## Data
>>>>>

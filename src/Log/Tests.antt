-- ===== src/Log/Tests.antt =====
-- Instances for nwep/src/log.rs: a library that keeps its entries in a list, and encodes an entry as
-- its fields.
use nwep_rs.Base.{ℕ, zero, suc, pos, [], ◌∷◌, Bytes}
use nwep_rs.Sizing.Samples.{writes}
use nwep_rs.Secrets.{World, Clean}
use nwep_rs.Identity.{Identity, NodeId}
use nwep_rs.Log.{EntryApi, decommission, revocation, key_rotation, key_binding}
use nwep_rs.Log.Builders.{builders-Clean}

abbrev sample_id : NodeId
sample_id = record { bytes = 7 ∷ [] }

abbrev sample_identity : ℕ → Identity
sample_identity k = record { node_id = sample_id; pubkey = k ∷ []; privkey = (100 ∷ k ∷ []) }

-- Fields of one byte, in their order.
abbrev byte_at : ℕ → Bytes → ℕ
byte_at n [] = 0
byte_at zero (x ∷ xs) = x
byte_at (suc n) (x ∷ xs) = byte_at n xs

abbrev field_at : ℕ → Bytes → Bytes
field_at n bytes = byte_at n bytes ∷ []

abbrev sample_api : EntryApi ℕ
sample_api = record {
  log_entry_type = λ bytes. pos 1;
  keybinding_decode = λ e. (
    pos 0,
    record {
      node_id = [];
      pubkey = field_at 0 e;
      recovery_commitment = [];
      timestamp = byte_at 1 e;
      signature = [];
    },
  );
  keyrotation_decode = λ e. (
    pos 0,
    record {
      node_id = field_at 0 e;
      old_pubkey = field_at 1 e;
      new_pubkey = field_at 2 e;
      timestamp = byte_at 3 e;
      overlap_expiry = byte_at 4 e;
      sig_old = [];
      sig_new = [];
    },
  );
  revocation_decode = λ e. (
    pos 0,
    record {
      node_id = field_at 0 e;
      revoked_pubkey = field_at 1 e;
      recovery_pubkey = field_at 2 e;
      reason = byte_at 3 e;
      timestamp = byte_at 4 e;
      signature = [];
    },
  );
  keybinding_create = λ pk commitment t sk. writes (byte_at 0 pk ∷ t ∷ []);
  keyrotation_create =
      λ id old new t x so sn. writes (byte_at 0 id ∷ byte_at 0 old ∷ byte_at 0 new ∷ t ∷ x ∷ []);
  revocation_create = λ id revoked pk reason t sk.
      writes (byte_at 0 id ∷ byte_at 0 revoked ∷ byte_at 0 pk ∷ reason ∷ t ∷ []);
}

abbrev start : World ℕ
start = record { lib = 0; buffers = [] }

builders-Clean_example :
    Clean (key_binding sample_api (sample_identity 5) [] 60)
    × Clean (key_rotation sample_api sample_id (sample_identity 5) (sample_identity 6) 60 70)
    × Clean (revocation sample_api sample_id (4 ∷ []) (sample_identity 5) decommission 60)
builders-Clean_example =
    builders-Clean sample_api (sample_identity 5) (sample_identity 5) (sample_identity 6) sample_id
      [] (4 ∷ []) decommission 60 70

<<<<<
>>>>>

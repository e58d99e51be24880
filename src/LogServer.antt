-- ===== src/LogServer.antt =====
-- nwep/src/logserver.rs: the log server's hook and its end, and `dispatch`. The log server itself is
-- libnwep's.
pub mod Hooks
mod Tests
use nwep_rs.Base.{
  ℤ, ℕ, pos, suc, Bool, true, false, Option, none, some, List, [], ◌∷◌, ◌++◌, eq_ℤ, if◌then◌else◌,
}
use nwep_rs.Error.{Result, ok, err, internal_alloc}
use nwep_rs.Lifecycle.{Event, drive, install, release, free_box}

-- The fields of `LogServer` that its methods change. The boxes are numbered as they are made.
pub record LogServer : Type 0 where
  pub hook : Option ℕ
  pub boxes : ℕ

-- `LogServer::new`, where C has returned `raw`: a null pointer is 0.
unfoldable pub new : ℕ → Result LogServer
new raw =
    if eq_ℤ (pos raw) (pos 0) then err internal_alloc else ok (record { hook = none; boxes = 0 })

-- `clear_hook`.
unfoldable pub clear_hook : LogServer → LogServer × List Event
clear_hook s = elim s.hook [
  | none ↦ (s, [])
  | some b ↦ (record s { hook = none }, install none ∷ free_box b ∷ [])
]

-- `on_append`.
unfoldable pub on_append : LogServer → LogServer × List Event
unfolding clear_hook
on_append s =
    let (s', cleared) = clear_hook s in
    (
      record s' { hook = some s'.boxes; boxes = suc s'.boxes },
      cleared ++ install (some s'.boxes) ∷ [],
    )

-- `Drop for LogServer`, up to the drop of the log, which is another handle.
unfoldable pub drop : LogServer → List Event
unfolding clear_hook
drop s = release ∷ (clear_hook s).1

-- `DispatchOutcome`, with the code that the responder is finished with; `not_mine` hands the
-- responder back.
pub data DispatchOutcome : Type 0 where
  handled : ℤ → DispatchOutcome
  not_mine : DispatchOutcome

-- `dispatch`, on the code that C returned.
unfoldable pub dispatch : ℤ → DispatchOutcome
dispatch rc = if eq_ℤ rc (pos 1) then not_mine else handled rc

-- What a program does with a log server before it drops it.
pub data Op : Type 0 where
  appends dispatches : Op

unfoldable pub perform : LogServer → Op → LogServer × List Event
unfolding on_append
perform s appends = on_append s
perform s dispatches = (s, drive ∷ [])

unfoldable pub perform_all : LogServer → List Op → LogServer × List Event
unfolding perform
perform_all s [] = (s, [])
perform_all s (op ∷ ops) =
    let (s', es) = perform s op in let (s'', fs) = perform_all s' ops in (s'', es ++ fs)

<<<<<

## What is expected
Please copy out each line of the material that contains the string "boxes".

## Written response
-- The fields of `LogServer` that its methods change. The boxes are numbered as they are made.
  pub boxes : ℕ
    if eq_ℤ (pos raw) (pos 0) then err internal_alloc else ok (record { hook = none; boxes = 0 })
      record s' { hook = some s'.boxes; boxes = suc s'.boxes },
      cleared ++ install (some s'.boxes) ∷ [],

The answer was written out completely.